Awards and nominations for In Plain Sight
| Year | Group | Award | Result | For |
| 2009 | NAMIC Vision Awards | Vision Award – Drama | Nominated |  |
| Prism Awards | Drama Series – Mental Health | Nominated | Episode "High-Priced Spread" |
| Prism Awards | Performance in a Drama Episode | Nominated | Mary McCormack |
| 2011 | WICT Awards | Scripted Drama/Comedy Series or Special | Won |  |

===Home media===
On March 31, 2009, Universal Studios Home Entertainment released season one of In Plain Sight on DVD in Region 1. Season two was released on DVD on March 9, 2010.

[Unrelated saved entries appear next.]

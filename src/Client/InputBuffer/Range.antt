-- ===== src/Client/InputBuffer/Range.antt =====
-- The range of inputs that the client wants to send.
use ashiato_sync.Base.{
  ℕ, zero, suc, ◌+◌, ◌-◌, ◌^◌, ◌≤◌, ◌<◌, ◌≡◌, refl, ap, subst, ◌∙◌, Bool, true, false, ◌&&◌, ◌||◌,
  not, List, [], ◌∷◌, ◌==◌, length, get_or, arith, Bool-cases, inl, inr, ◌⊎◌, max, eq-or-ne,
}
use ashiato_sync.Client.PayloadRing.{is_empty, ring_slot_for}
use ashiato_sync.Client.InputBuffer.{
  ClientInputBuffer, InputFrameRange, InputFrameSlot, blank_slot, no_range, slot_at, has_frame,
  extend_range, oldest_frame, find_newest_contiguous_input_range,
}

test_fails : (v e s : Bool) → (not v || not e) ≡ true → v && e && s ≡ false
test_fails true true s h = absurd (cc)
test_fails true false s h = refl
test_fails false e s h = refl

test_holds : (v e s : Bool) → (not v || not e) ≡ false → s ≡ true → v && e && s ≡ true
test_holds true true s h t = t
test_holds true false s h t = absurd (cc)
test_holds false e s h t = absurd (cc)

before_first : (first frame : ℕ) → first ≡ frame + 1 → first - 1 ≡ frame
before_first first frame e = omega arith

same_oldest : (first frame count : ℕ) → first ≡ frame + 1 → frame - count ≡ first - suc count
same_oldest first frame count e = omega arith

-- The run of stored frames up to the last recorded one, as far down as `oldest` or a frame that is
-- missing.
pub record IsNewest (b : ClientInputBuffer) (oldest : ℕ) (range : InputFrameRange) : Type 0 where
  pub last : range.last ≡ b.last_recorded_frame
  pub first_ge : oldest ≤ range.first
  pub first_le : range.first ≤ b.last_recorded_frame
  pub stored :
      (frame : ℕ) → range.first ≤ frame → frame ≤ b.last_recorded_frame → has_frame b frame ≡ true
  pub longest : (range.first ≡ oldest) ⊎ (has_frame b (range.first - 1) ≡ false)

module _ (b : ClientInputBuffer) (wide : (b.frames.payload_stride == b.quantized_size) ≡ true) where
  extend_range-IsNewest :
      (count frame first : ℕ)
      → first ≡ frame + 1
      → count ≤ frame
      → first ≤ b.last_recorded_frame
      → ((f : ℕ) → first ≤ f → f ≤ b.last_recorded_frame → has_frame b f ≡ true)
      → IsNewest b
          (first - count)
          (extend_range b count frame (record { first = first; last = b.last_recorded_frame }))
  unfolding extend_range has_frame
  extend_range-IsNewest zero frame first next le below stored = record {
    last = refl;
    first_ge = omega arith;
    first_le = below;
    stored = stored;
    longest = inl (omega arith);
  }
  extend_range-IsNewest (suc count) frame first next le below stored =
      let slot : InputFrameSlot = slot_at b frame in
      elim (Bool-cases (not slot.valid || not (slot.frame == frame))) [
        | inl missing ↦
            rw (missing, extend_range)
              record {
                last = refl;
                first_ge = omega arith;
                first_le = below;
                stored = stored;
                longest = inr (
                    ap (λ f. has_frame b f) (before_first first frame next)
                    ∙ test_fails slot.valid (slot.frame == frame) _ missing);
              }
        | inr there ↦
            let here : has_frame b frame ≡ true =
              test_holds slot.valid (slot.frame == frame) _ there wide in
            let down =
              extend_range-IsNewest count (frame - 1) frame (omega arith) (omega arith)
                (omega arith)
                (λ f low high. elim (eq-or-ne f frame) [
                  | inl e ↦ ap (λ n. has_frame b n) e ∙ here
                  | inr ne ↦ stored f (omega arith) high
                ]) in
            rw (there, extend_range)
              (subst
                (λ n. IsNewest b n (
                  extend_range b count (frame - 1)
                    (record { first = frame; last = b.last_recorded_frame })))
                (same_oldest first frame count next) down)
      ]

-- Either nothing is sent because the last recorded input is missing, or the newest inputs are.
abbrev pub EmptyOrNewest : ClientInputBuffer → (oldest : ℕ) → InputFrameRange → Type 0
EmptyOrNewest b oldest range =
    ((range ≡ no_range) × (has_frame b b.last_recorded_frame ≡ false)) ⊎ IsNewest b oldest range

extend_start :
    (b : ClientInputBuffer) (n : ℕ)
    → (b.frames.payload_stride == b.quantized_size) ≡ true
    → n < b.last_recorded_frame
    → EmptyOrNewest b
        (b.last_recorded_frame - n)
        (extend_range b (suc n) b.last_recorded_frame no_range)
unfolding extend_range has_frame
extend_start b n wide lt =
    let last = b.last_recorded_frame in
    let slot : InputFrameSlot = slot_at b last in
    elim (Bool-cases (not slot.valid || not (slot.frame == last))) [
      | inl missing ↦
          rw (missing, extend_range)
            (inl (refl, test_fails slot.valid (slot.frame == last) _ missing))
      | inr there ↦
          let here : has_frame b last ≡ true =
            test_holds slot.valid (slot.frame == last) _ there wide in
          rw (there, extend_range)
            (inr (
              extend_range-IsNewest b wide n (last - 1) last (omega arith) (omega arith)
                (omega arith)
                (λ f low high. ap (λ k. has_frame b k) (squeeze f last low high) ∙ here)))
    ]
  where
    squeeze : (f last : ℕ) → last ≤ f → f ≤ last → f ≡ last
    squeeze f last low high = omega arith

no_entries :
    (frames : List InputFrameSlot) (i : ℕ)
    → length frames ≡ 0
    → get_or frames i blank_slot ≡ blank_slot
no_entries [] i e = refl
no_entries (x ∷ frames) i e = absurd (omega arith)

oldest_frame_lem :
    (transmit_floor last : ℕ)
    → transmit_floor < last
    → last < 2 ^ 32
    → oldest_frame transmit_floor last ≡ max (transmit_floor + 1) (last - 30)
unfolding oldest_frame
oldest_frame_lem transmit_floor last above small = ground arith

frame_count : (last oldest : ℕ) → oldest ≤ last → suc (last - oldest) ≡ last + 1 - oldest
frame_count last oldest le = omega arith

sub_back : (last oldest : ℕ) → oldest ≤ last → last - (last - oldest) ≡ oldest
sub_back last oldest le = omega arith

wide_enough : (none_there s : Bool) → (none_there || not s) ≡ false → s ≡ true
wide_enough true s h = absurd (cc)
wide_enough false true h = refl
wide_enough false false h = absurd (cc)

no_width : (v e s : Bool) → s ≡ false → v && e && s ≡ false
no_width true true s h = h
no_width true false s h = refl
no_width false e s h = refl

-- Without slots, or with payloads of another size, the ring has no input.
nothing_stored :
    (b : ClientInputBuffer) (frame : ℕ)
    → (is_empty b.frames || not (b.frames.payload_stride == b.quantized_size)) ≡ true
    → has_frame b frame ≡ false
unfolding has_frame slot_at is_empty
nothing_stored b frame h = elim (Bool-cases (b.frames.payload_stride == b.quantized_size)) [
  | inr other ↦ no_width (slot_at b frame).valid ((slot_at b frame).frame == frame) _ other
  | inl wide ↦
      let gone : length b.frames.metadata ≡ 0 = ground arith in
      ap
        (λ (slot : InputFrameSlot).
          slot.valid && (slot.frame == frame) && (b.frames.payload_stride == b.quantized_size))
        (no_entries b.frames.metadata (ring_slot_for b.frames frame) gone)
]

-- When the last recorded frame is above the transmit floor and below 2 ^ 32, the range to send is
-- empty only if the last recorded input is not stored. Otherwise it is the run of stored inputs
-- that ends with the last recorded one, at most 31 of them, all above the floor; it goes down to the
-- floor, to the limit of 31, or to a frame that is missing.
pub find_newest_contiguous_input_range-IsNewest :
    (b : ClientInputBuffer) (transmit_floor : ℕ)
    → transmit_floor < b.last_recorded_frame
    → b.last_recorded_frame < 2 ^ 32
    → let range = find_newest_contiguous_input_range b transmit_floor in
      EmptyOrNewest b (max (transmit_floor + 1) (b.last_recorded_frame - 30)) range
unfolding find_newest_contiguous_input_range
find_newest_contiguous_input_range-IsNewest b transmit_floor above small =
    let last = b.last_recorded_frame in
    let oldest = oldest_frame transmit_floor last in
    let e = oldest_frame_lem transmit_floor last above small in
    elim (Bool-cases (is_empty b.frames || not (b.frames.payload_stride == b.quantized_size))) [
      | inl nothing ↦
          rw (nothing, find_newest_contiguous_input_range)
            (inl (refl, nothing_stored b last nothing))
      | inr there ↦
          let n = last - oldest in
          let wide : (b.frames.payload_stride == b.quantized_size) ≡ true =
            wide_enough (is_empty b.frames) _ there in
          rw (there, find_newest_contiguous_input_range)
            (subst
              (λ k.
                EmptyOrNewest b (max (transmit_floor + 1) (last - 30))
                  (extend_range b k last no_range))
              (frame_count last oldest (omega (arith, e)))
              (subst (λ k. EmptyOrNewest b k (extend_range b (suc n) last no_range))
                (sub_back last oldest (omega (arith, e)) ∙ e)
                (extend_start b n wide (omega (arith, e)))))
    ]
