-- ===== src/Client/InputBuffer/Writer.antt =====
-- The writing of a packet of inputs: `InputPacketWriter` and `append_input_packet` in
-- src/client/store/input_buffer.cpp. The packet and the serializer of the input component are
-- parameters; the traces are left out.
pub mod Attempt
pub mod Suffix
pub mod Packet
mod Tests
use ashiato_sync.Base.{
  ℕ, zero, suc, ◌+◌, ◌-◌, ◌*◌, ◌/◌, ◌%◌, ◌^◌, min, max, Bool, true, false, ◌&&◌, ◌||◌, not, List,
  [], ◌∷◌, ◌++◌, Option, none, some, ltb, leb, ◌==◌, if◌then◌else◌, length, take, drop,
}
use ashiato_sync.Capacity.{sub64}
use ashiato_sync.Protocol.{bytes_for_bits}
use ashiato_sync.Wire.{BitSink, serialize_varint2_raw}
use ashiato_sync.Client.PayloadRing.{ring_slot_for}
use ashiato_sync.Server.InputBuffer.{input_count_bits}
use ashiato_sync.Client.AckQueue.{PacketBuilder, message_bits, ack_count_bits, max_ack_count}
use ashiato_sync.Client.InputBuffer.{
  ClientInputBuffer, InputFrameRange, has_frame, frame_bytes, range_count, trailing,
  find_newest_contiguous_input_range, must_encode_first_frame_in_full,
}

abbrev pub client_input_message : ℕ
client_input_message = 7

pub record InputWriteResult : Type 0 where
  pub count_offset : ℕ
  pub count : ℕ
  pub first_frame : ℕ
  pub last_frame : ℕ

-- What the writer needs of the packet, and the serializer of the input: the bytes before, if there
-- are any, the current ones, the frame and the frame before.
pub record InputSink (B : Type 0) : Type 0 where
  pub sink : BitSink B
  pub builder : PacketBuilder B
  pub truncate_bits : (offset : ℕ) → B → B
  pub serialize :
      (previous : Option (List ℕ)) → (current : List ℕ) → (current_frame previous_frame : ℕ) → B → B

pub varint2_raw_bits : (use_short : Bool) → (short_bits full_bits : ℕ) → ℕ
varint2_raw_bits use_short short_bits full_bits = 1 + (if use_short then short_bits else full_bits)

pub fixed_header_bits : ℕ
unfolding varint2_raw_bits
fixed_header_bits =
    message_bits + ack_count_bits + 32 + varint2_raw_bits true 0 32 + input_count_bits

-- Whether the first frame of a range is written in full.
pub first_input_full : ClientInputBuffer → InputFrameRange → Bool
unfolding must_encode_first_frame_in_full
first_input_full b range = not (range.first == 0) && must_encode_first_frame_in_full b range.first

-- The input that the first one of a range is relative to.
pub first_previous : ClientInputBuffer → InputFrameRange → Option (List ℕ)
unfolding first_input_full
first_previous b range =
    if first_input_full b range || (length b.acked_baseline == 0)
    then none
    else some b.acked_baseline

module _ {B : Type 0} (out : InputSink B) (mtu_bytes packet_id_bits : ℕ)
    (b : ClientInputBuffer) where
  pub serialize_input_frame :
      (frame : ℕ) → (previous : Option (List ℕ)) → (current : List ℕ) → B → B
  serialize_input_frame frame previous current packet =
      out.serialize previous current frame
        (elim previous [ none ↦ 0 | some bytes ↦ (frame + 2 ^ 32 - 1) % 2 ^ 32 ]) packet

  -- The loop over the `count` frames from `frame` on.
  pub write_frames :
      (count frame : ℕ) → (previous : Option (List ℕ)) → B → InputWriteResult → B × InputWriteResult
  unfolding has_frame frame_bytes ring_slot_for serialize_input_frame bytes_for_bits
  write_frames zero frame previous packet result = (packet, result)
  write_frames (suc count) frame previous packet result =
      let bytes = frame_bytes b (ring_slot_for b.frames frame) in
      let longer = serialize_input_frame frame previous bytes packet in
      let rest =
        write_frames count (frame + 1) (some bytes) longer
          (record result { last_frame = frame; count = (result.count + 1) % 2 ^ 16 }) in
      if not (has_frame b frame)
      then (packet, result)
      else if ltb mtu_bytes (bytes_for_bits (out.builder.bit_size longer))
      then (out.truncate_bits (out.builder.bit_size packet) longer, result)
      else rest

  pub write_input_attempt : InputFrameRange → B → B × InputWriteResult
  unfolding first_input_full first_previous write_frames
  write_input_attempt range packet =
      let full = first_input_full b range in
      let acked = out.sink.write_unsigned_bits b.acked_frame 32 packet in
      let first = serialize_varint2_raw out.sink (not full) 0 0 range.first 32 acked in
      let result : InputWriteResult = record {
        count_offset = out.builder.bit_size first;
        count = 0;
        first_frame = range.first;
        last_frame = 0;
      } in
      let frames = if range.first == 0 then 0 else range.last + 1 - range.first in
      write_frames frames range.first (first_previous b range)
        (out.sink.write_unsigned_bits 0 input_count_bits first) result

  -- The loop that tries shorter and shorter ends of the desired range, on fuel: none where it runs out.
  pub try_suffixes :
      (fuel section_offset : ℕ)
      → (desired candidate : InputFrameRange) → B
      → Option (B × InputWriteResult)
  unfolding write_input_attempt trailing
  try_suffixes zero section_offset desired candidate packet = none
  try_suffixes (suc fuel) section_offset desired candidate packet =
      let attempt = write_input_attempt candidate (out.truncate_bits section_offset packet) in
      let shorter =
        try_suffixes fuel section_offset desired (trailing desired attempt.1.count) attempt.0 in
      if (attempt.1.count == 0) || (attempt.1.last_frame == desired.last)
      then some attempt
      else shorter

  -- With as many attempts as the range has frames, and one more.
  pub append_newest_input_suffix : InputFrameRange → B → Option (B × InputWriteResult)
  unfolding try_suffixes range_count
  append_newest_input_suffix desired packet =
      elim (try_suffixes (range_count desired + 1) (out.builder.bit_size packet) desired desired
        packet) [
          | none ↦ none
          | some (written, result) ↦ some (
            out.builder.overwrite_unsigned_bits result.count_offset result.count input_count_bits
                written,
            result,
          )
        ]

  pub serialized_first_input_bits : InputFrameRange → ℕ
  unfolding first_previous frame_bytes ring_slot_for
  serialized_first_input_bits range =
      let previous = first_previous b range in
      if range.first == 0
      then 0
      else out.builder.bit_size (
          out.serialize previous (frame_bytes b (ring_slot_for b.frames range.first)) range.first
            (elim previous [ none ↦ 0 | some bytes ↦ b.acked_frame ]) out.builder.cleared)

  -- The loop over the pending acknowledgements, `room` of which the count can still say; what is
  -- written and how many. `reserved` bits are kept for the first input.
  pub write_pending_acks : (room reserved : ℕ) → List ℕ → B → B × ℕ
  unfolding bytes_for_bits
  write_pending_acks zero reserved pending packet = (packet, 0)
  write_pending_acks (suc room) reserved [] packet = (packet, 0)
  write_pending_acks (suc room) reserved (packet_id ∷ pending) packet =
      let longer = out.sink.write_unsigned_bits packet_id packet_id_bits packet in
      let (written, ack_count) = write_pending_acks room reserved pending longer in
      if ltb mtu_bytes (bytes_for_bits (out.builder.bit_size longer + reserved))
      then (out.truncate_bits (out.builder.bit_size packet) longer, 0)
      else (written, ack_count + 1)

  -- The header and the acknowledgements, and how many there are.
  pub append_acks : List ℕ → InputFrameRange → B × ℕ
  unfolding write_pending_acks serialized_first_input_bits fixed_header_bits varint2_raw_bits
      first_input_full
  append_acks pending_acks desired =
      let message =
        out.sink.write_unsigned_bits client_input_message message_bits out.builder.cleared in
      let header = out.sink.write_unsigned_bits 0 ack_count_bits message in
      let max_acks =
        min max_ack_count (sub64 (mtu_bytes * 8 % 2 ^ 64) fixed_header_bits / packet_id_bits) in
      let reserved =
        32
        + varint2_raw_bits (not (first_input_full b desired)) 0 32
        + input_count_bits
        + serialized_first_input_bits desired in
      let (packet, ack_count) = write_pending_acks max_acks reserved pending_acks header in
      (
        out.builder.overwrite_unsigned_bits (out.builder.bit_size message) ack_count ack_count_bits
            packet,
        ack_count,
      )

pub record_input_truncation : InputFrameRange → (count : ℕ) → ClientInputBuffer → ClientInputBuffer
unfolding range_count
record_input_truncation desired count b =
    if ltb count (range_count desired)
    then record b {
      truncated_packets = (b.truncated_packets + 1) % 2 ^ 64;
      truncated_frames = (b.truncated_frames + (range_count desired - count)) % 2 ^ 64;
    }
    else b

-- What `append_input_packet` leaves: what it returns, the acknowledgements that are still pending,
-- the packets and the buffer.
pub record Appended (B : Type 0) : Type 0 where
  pub sent : Bool
  pub pending_acks : List ℕ
  pub packets : List B
  pub input : ClientInputBuffer

-- Whether there are inputs to send.
pub has_input_frames : ClientInputBuffer → Bool
has_input_frames b =
    let transmit_floor = max b.acked_frame b.retired_transmit_frame in
    b.has_latest && ltb transmit_floor (2 ^ 32 - 1) && ltb transmit_floor b.last_recorded_frame

module _ {B : Type 0} (out : InputSink B) (mtu_bytes packet_id_bits : ℕ) where
  -- None where the loop over the suffixes runs out of attempts.
  pub append_input_packet :
      (pending_acks : List ℕ) → (packets : List B) → ClientInputBuffer → Option (Appended B)
  unfolding has_input_frames fixed_header_bits find_newest_contiguous_input_range append_acks
      append_newest_input_suffix record_input_truncation
  append_input_packet pending_acks packets b =
      let desired =
        find_newest_contiguous_input_range b (max b.acked_frame b.retired_transmit_frame) in
      let (header, ack_count) = append_acks out mtu_bytes packet_id_bits b pending_acks desired in
      if not b.has_ops || not (has_input_frames b) || ltb (mtu_bytes * 8 % 2 ^ 64) fixed_header_bits
      then some (record { sent = false; pending_acks = pending_acks; packets = packets; input = b })
      else elim (append_newest_input_suffix out mtu_bytes packet_id_bits b desired header) [
        | none ↦ none
        | some written ↦
            let counted = record_input_truncation desired written.1.count b in
            if (ack_count == 0) && (written.1.count == 0)
            then some (record {
              sent = false;
              pending_acks = pending_acks;
              packets = packets;
              input = counted;
            })
            else some (record {
              sent = true;
              pending_acks = drop ack_count pending_acks;
              packets = packets ++ (written.0 ∷ []);
              input = record counted {
                history_discontinuous =
                    if written.1.count == 0 then counted.history_discontinuous else false;
              };
            })
      ]
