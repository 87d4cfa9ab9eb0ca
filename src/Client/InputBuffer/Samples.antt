-- ===== src/Client/InputBuffer/Samples.antt =====
-- Buffers and a packet for the tests. A packet is the list of its fields' bits; an input is written as
-- its first byte.
use ashiato_sync.Base.{Bool, true, false, List, [], ◌∷◌, ◌++◌, take, get_or}
use ashiato_sync.Wire.Queue.{bits_of, queue_sink}
use ashiato_sync.Client.AckQueue.Samples.{queue_builder}
use ashiato_sync.Client.InputBuffer.{ClientInputBuffer, blank_slot}
use ashiato_sync.Client.InputBuffer.Writer.{InputSink}

-- Inputs of one byte; those of frames 5 and 6 are recorded in a ring of four, and 4 is acknowledged.
abbrev pub two_inputs : ClientInputBuffer
two_inputs = record {
  frames = record {
    metadata =
        blank_slot
        ∷ record { frame = 5; valid = true }
        ∷ record { frame = 6; valid = true }
        ∷ blank_slot
        ∷ [];
    payloads = 0 ∷ 7 ∷ 8 ∷ 0 ∷ [];
    payload_stride = 1;
  };
  latest = 8 ∷ [];
  acked_baseline = 3 ∷ [];
  quantized_size = 1;
  last_recorded_frame = 6;
  acked_frame = 4;
  retired_transmit_frame = 4;
  truncated_packets = 0;
  truncated_frames = 0;
  has_latest = true;
  has_ops = true;
  has_acked_baseline = true;
  history_discontinuous = false;
}

abbrev pub queue_inputs : InputSink (List Bool)
queue_inputs = record {
  sink = queue_sink;
  builder = queue_builder;
  truncate_bits = λ offset b. take offset b;
  serialize =
      λ previous current current_frame previous_frame b. b ++ bits_of 8 (get_or current 0 0);
}
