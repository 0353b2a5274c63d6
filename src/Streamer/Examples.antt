-- ===== src/Streamer/Examples.antt =====
-- Data for the examples: two events, their messages, and services that answer every call.
pub mod Buffer
pub mod Rules
pub mod Application
pub mod Projection
pub mod Working
pub mod Serving
pub mod Starting
pub mod Progressing
pub mod Letters
use fps_anticheat_data_platf.Prelude.{
  ℕ, Bool, true, false, String, Option, none, some, List, [], ◌∷◌,
}
use fps_anticheat_data_platf.Prelude.Int.{ℤ, pos}
use fps_anticheat_data_platf.Prelude.Float.{Float, fin, nought, Arithmetic}
use fps_anticheat_data_platf.Prelude.Result.{Result, ok, err}
use fps_anticheat_data_platf.Streamer.Domain.{
  SourceMetadata, PlayerStatPayload, EventEnvelope, AnyEnvelope, player_stat, ConsumedMessage,
  InvalidKafkaMessage, ConsumeOutcome, valid, invalid,
}
use fps_anticheat_data_platf.Streamer.Accumulator.{CompletedBatch}
use fps_anticheat_data_platf.Streamer.Breaker.{ResourceCircuitBreaker, closed}
use fps_anticheat_data_platf.Streamer.Storage.{BatchManifest, Date}
use fps_anticheat_data_platf.Streamer.Producer.{
  UploadedArtifact, NativeWorkerResult, KafkaEventProducer, GoldReadyEvent,
}
use fps_anticheat_data_platf.Streamer.Action.{AppError, arrow, World}
use fps_anticheat_data_platf.Streamer.App.{Services}

abbrev pub first_id : String
first_id = "0123456789abcdef0123456789abcdef0123456789abcdef0123456789ABCDEF"

abbrev pub source : SourceMetadata
source = record {
  provider = "kaggle";
  dataset_id = "pubg";
  source_file = "agg.csv";
  record_index = pos 4;
}

abbrev pub stats : ℤ → PlayerStatPayload
stats kills = record {
  kills = kills;
  damage_dealt = fin (pos 120);
  headshot_kills = pos 1;
  walk_distance = fin (pos 900);
  ride_distance = nought;
  swim_distance = nought;
  survival_duration = fin (pos 600);
  win_place_perc = some (fin (pos 1));
}

abbrev pub event_with : String → ℤ → AnyEnvelope
event_with id kills = player_stat (record {
  schema_version = "1.0";
  event_id = id;
  op = "data.player_stat.match_summary";
  event_time = none;
  ingest_time = "2026-01-02T03:04:05Z";
  match_id = "m1";
  player_id = "p1";
  source = source;
  payload = stats kills;
})

abbrev pub good : AnyEnvelope
good = event_with first_id (pos 3)

-- more headshots than kills
abbrev pub bad : AnyEnvelope
bad = event_with "ab" (pos 0)

abbrev pub message : AnyEnvelope → ℤ → ℤ → ConsumedMessage
message e partition offset = record {
  envelope = e;
  topic = "raw";
  partition = partition;
  offset = offset;
  key = none;
}

abbrev pub broken : ℤ → ℤ → InvalidKafkaMessage
broken partition offset = record {
  topic = "raw";
  partition = partition;
  offset = offset;
  raw_payload = 123 ∷ [];
  error_reason = "Malformed JSON: EOF";
}

abbrev pub anything : List ℕ → String
anything bytes = "00"

-- arithmetic in which every result is nought
abbrev pub f32 : Arithmetic
f32 = record {
  literal = λ d p. fin (pos d);
  of_nat = λ n. fin (pos n);
  add = λ a b. nought;
  powi = λ a n. a;
  sqrt = λ a. a;
  sub = λ a b. nought;
  mul = λ a b. nought;
  div = λ a b. nought;
  round = λ a. a;
  parse = λ s. none;
  show = λ p a. "0";
}

abbrev pub watched : ResourceCircuitBreaker
watched = record {
  state = closed;
  high_cpu_watermark = fin (pos 800);
  low_cpu_watermark = fin (pos 750);
  high_mem_watermark = fin (pos 850);
  low_mem_watermark = fin (pos 800);
  prev_idle = 0;
  prev_total = 0;
}

abbrev pub gold : UploadedArtifact
gold = record {
  object_key = "gold/a.parquet";
  checksum_sha256 = "00";
  layer = "gold/player-match-features";
}

abbrev pub silver : UploadedArtifact
silver = record {
  object_key = "silver/a.parquet";
  checksum_sha256 = "00";
  layer = "silver/player-match";
}

abbrev pub result_of : String → NativeWorkerResult
result_of key = record { manifest_key = key; artifacts = silver ∷ gold ∷ [] }

abbrev pub gold_producer : KafkaEventProducer
gold_producer = record { gold_ready_topic = "dataset.gold.ready"; bucket = "lake" }

abbrev pub batch_of : List AnyEnvelope → List InvalidKafkaMessage → CompletedBatch
batch_of events malformed = record {
  batch_id = "b1";
  events = events;
  malformed_messages = malformed;
  partition_offsets = record { partition = pos 0; min_offset = pos 7; max_offset = pos 9 } ∷ [];
  record_count = 3;
  estimated_bytes = 900;
}

abbrev pub start : World
start = record { log = []; breaker = watched }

| DVD name | Ep # | Release date |
|---|---|---|
| Season One | 12 | March 31, 2009 |
| Season Two | 15 | March 9, 2010 |
| Season Three | 13 | March 29, 2011 |
| Season Four | 13 | June 5, 2012^{1} |
| Season Five | 8 | August 28, 2012 |

 The wide release for the season-four DVD occurred on June 5, 2012. An early promotional release at Target stores occurred on March 13, 2012.

===Syndication===
Start TV started airing reruns on October 14, 2019 and removed the show from its lineup on May 14, 2026.